### [Work to complete]
From the data that follows, print exactly the lines starting at the one containing "nil_of_length [] e = refl" and ending at the one containing "root = at q.items 0"; include both of them and nothing more.

### [Source records]
-- ===== src/Retry/Queue.antt =====
-- schedule, popDue and remove of the retry queue.
use sse_eventbus_go.Prelude.{false}
use mathlib.Core.List.{mem-cons_self}
use mathlib.Core.List.Perm
use sse_eventbus_go.Prelude.{
  ℕ, zero, suc, ◌≤◌, ◌<◌, ◌≡◌, refl, Bool, true, List, [], ◌∷◌, some, Perm, Mem, arith, ltb, ◌==◌,
  if◌then◌else◌, length, Bool-cases, inl, inr,
}
use sse_eventbus_go.Errors.{is, closed}
use sse_eventbus_go.Client.Turns.{succ64}
use sse_eventbus_go.Retry.{
  RetryEvent, RetryQueue, Scheduled, kept, handed_back, refused, schedule, Due, shut, empty,
  not_before, due, pop_due, unmatched, remove, heap_pop, ◌>>=◌,
}
use sse_eventbus_go.Retry.Array.{at, get_elem?-at}
use sse_eventbus_go.Retry.Order.{Gives, gives, Gives-bind, Gives-if, AllBounded}
use sse_eventbus_go.Retry.Down.{heap_init_restores}
use sse_eventbus_go.Retry.Heap.{
  IsRetryHeap, heap_push-Pushed, heap_pop-Popped, IsEarliest, root-IsEarliest,
}

pub record IsValid (q : RetryQueue) : Type 0 where
  pub heap : IsRetryHeap q.items
  pub bounded : length q.items ≤ q.capacity

-- What schedule does with the event `e`: a closed queue refuses it, and an open one keeps it, or is full
-- and hands the first of all events back to the worker.
abbrev pub IsScheduled : RetryEvent → RetryQueue → Scheduled × RetryQueue → Type 0
IsScheduled e q (kept, r) =
    (q.is_closed ≡ false) × (length q.items < q.capacity) × Perm r.items (e ∷ q.items)
IsScheduled e q (handed_back x, r) =
    (q.is_closed ≡ false)
    × (length q.items ≡ q.capacity)
    × Perm (x ∷ r.items) (e ∷ q.items)
    × IsEarliest x (e ∷ q.items)
IsScheduled e q (refused err, r) = (err ≡ is closed) × (q.is_closed ≡ true) × (r ≡ q)

-- The event as schedule puts it in the queue.
abbrev pub entry : ℕ → ℕ → RetryQueue → RetryEvent
entry event retry_after q = record {
  event = event;
  retry_after = retry_after;
  retry_order = succ64 q.sequence;
}

succ64-lt : (n : ℕ) → succ64 n < 18446744073709551616
unfolding succ64
succ64-lt n = omega arith

-- On a valid queue, schedule never panics and leaves a valid queue of the same capacity. A closed queue
-- refuses the event and stays as it is; an open one adds it, or is full and hands the earliest
-- event back.
pub schedule-IsScheduled :
    (event retry_after : ℕ) (q : RetryQueue)
    → IsValid q
    → Gives
        (λ r.
          IsScheduled (entry event retry_after q) q r × IsValid r.1 × (r.1.capacity ≡ q.capacity))
        (schedule event retry_after q)
unfolding schedule
schedule-IsScheduled event retry_after q v =
    Gives-if q.is_closed (λ shut_. gives ((refl, shut_, refl), v, refl))
      λ open_.
        Gives-bind
          (heap_push-Pushed (entry event retry_after q) q.items v.heap (succ64-lt q.sequence))
          λ pushed p.
            Gives-if (ltb q.capacity (length pushed))
              (λ full. Gives-bind (heap_pop-Popped pushed p.heap (omega (arith, p.size))) λ r o.
                gives (
                  (
                    open_,
                    ground (arith, v.bounded, p.size),
                    Perm.trans o.same p.same,
                    λ y m.
                        rw (← o.root) at
                          (root-IsEarliest pushed p.heap y ((Perm.mem_iff p.same).1 m)),
                  ),
                  record { heap = o.heap; bounded = omega (arith, o.size, p.size, v.bounded) },
                  refl,
                ))
              (λ room. gives (
                (open_, ground (arith, p.size), p.same),
                record { heap = p.heap; bounded = ground arith },
                refl,
              ))

-- How popDue answers at the time `now`.
abbrev pub IsDue : ℕ → RetryQueue → Due × RetryQueue → Type 0
IsDue now q (shut, r) = (q.is_closed ≡ true) × (r ≡ q)
IsDue now q (empty, r) = (q.is_closed ≡ false) × (q.items ≡ []) × (r ≡ q)
IsDue now q (not_before time, r) =
    (q.is_closed ≡ false)
    × (now < time)
    × ((x : RetryEvent) × Mem x q.items × (x.retry_after ≡ time) × IsEarliest x q.items)
    × (r ≡ q)
IsDue now q (due x, r) =
    (q.is_closed ≡ false)
    × (x.retry_after ≤ now)
    × Perm (x ∷ r.items) q.items
    × IsEarliest x q.items
    × IsValid r
    × (r.capacity ≡ q.capacity)

root-mem : (h : List RetryEvent) → 0 < length h → Mem (at h 0) h
root-mem [] p = absurd (omega arith)
root-mem (x ∷ h) p = mem-cons_self

nil_of_length : (h : List RetryEvent) → length h ≡ 0 → h ≡ []
nil_of_length [] e = refl
nil_of_length (x ∷ h) e = absurd (omega arith)

module _ (now : ℕ) (q : RetryQueue) (v : IsValid q) (open_ : q.is_closed ≡ false)
    (some_left : 0 < length q.items) where
  abbrev root : RetryEvent
  root = at q.items 0

  wait_or_pop : Gives (IsDue now q) (
      if ltb now root.retry_after
      then some (not_before root.retry_after, q)
      else (heap_pop q.items >>= λ (event, rest). some (due event, record q { items = rest })))
  wait_or_pop =
      Gives-if (ltb now root.retry_after)
        (λ early. gives (
          open_,
          ground arith,
          (root, root-mem q.items some_left, refl, root-IsEarliest q.items v.heap),
          refl,
        ))
        (λ late. Gives-bind (heap_pop-Popped q.items v.heap some_left) λ r o. gives (
          open_,
          rw o.root (ground arith),
          o.same,
          rw o.root (root-IsEarliest q.items v.heap),
          record { heap = o.heap; bounded = omega (arith, o.size, v.bounded) },
          refl,
        ))

-- On a valid queue, popDue never panics: it reports a closed queue exactly if it is closed, and of an open
-- one that it is empty, or the time of the earliest event if that is still to come, or hands out
-- the earliest event, which is due.
pub pop_due-IsDue : (now : ℕ) (q : RetryQueue) → IsValid q → Gives (IsDue now q) (pop_due now q)
unfolding pop_due
pop_due-IsDue now q v =
    Gives-if q.is_closed (λ shut_. gives (shut_, refl))
      λ open_.
        Gives-if (length q.items == 0)
          (λ none_left. gives (open_, nil_of_length q.items (ground arith), refl))
          λ more.
            let some_left : 0 < length q.items = ground arith in
            rw (get_elem?-at q.items 0 some_left) (wait_or_pop now q v open_ some_left)

cons-AllBounded :
    (e : RetryEvent) (h : List RetryEvent)
    → e.retry_order < 18446744073709551616
    → AllBounded h
    → AllBounded (e ∷ h)
cons-AllBounded e h p b zero = p
cons-AllBounded e h p b (suc i) = b i

unmatched-AllBounded :
    (match : RetryEvent → Bool) (h : List RetryEvent)
    → AllBounded h
    → AllBounded (unmatched match h)
unfolding unmatched
unmatched-AllBounded match [] b = b
unmatched-AllBounded match (e ∷ h) b = elim (Bool-cases (match e)) [
  | inl out ↦ rw out (unmatched-AllBounded match h (λ i. b (suc i)))
  | inr kept_ ↦ rw kept_ (cons-AllBounded e _ (b 0) (unmatched-AllBounded match h (λ i. b (suc i))))
]

length-unmatched-le :
    (match : RetryEvent → Bool) (h : List RetryEvent) → length (unmatched match h) ≤ length h
unfolding unmatched
length-unmatched-le match [] = omega arith
length-unmatched-le match (e ∷ h) = ground (arith, length-unmatched-le match h)

-- On a valid queue, remove never panics: it leaves a valid queue of exactly the events that do not
-- match, and wakes the loop that waits for a change.
pub remove-unmatched :
    (match : RetryEvent → Bool) (q : RetryQueue)
    → IsValid q
    → Gives
        (λ r.
          IsValid r
          × Perm r.items (unmatched match q.items)
          × (r.capacity ≡ q.capacity)
          × (r.changed ≡ true))
        (remove match q)
unfolding remove
remove-unmatched match q v =
    Gives-bind
      (heap_init_restores (unmatched match q.items)
        (unmatched-AllBounded match q.items v.heap.bounded))
      λ items s. gives (
        record {
          heap = record { ordered = rw s.size (s.ordered); bounded = s.bounded };
          bounded = omega (arith, s.size, length-unmatched-le match q.items, v.bounded);
        },
        s.same,
        refl,
        refl,
      )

### [Written answer]
nil_of_length [] e = refl
nil_of_length (x ∷ h) e = absurd (omega arith)

module _ (now : ℕ) (q : RetryQueue) (v : IsValid q) (open_ : q.is_closed ≡ false)
    (some_left : 0 < length q.items) where
  abbrev root : RetryEvent
  root = at q.items 0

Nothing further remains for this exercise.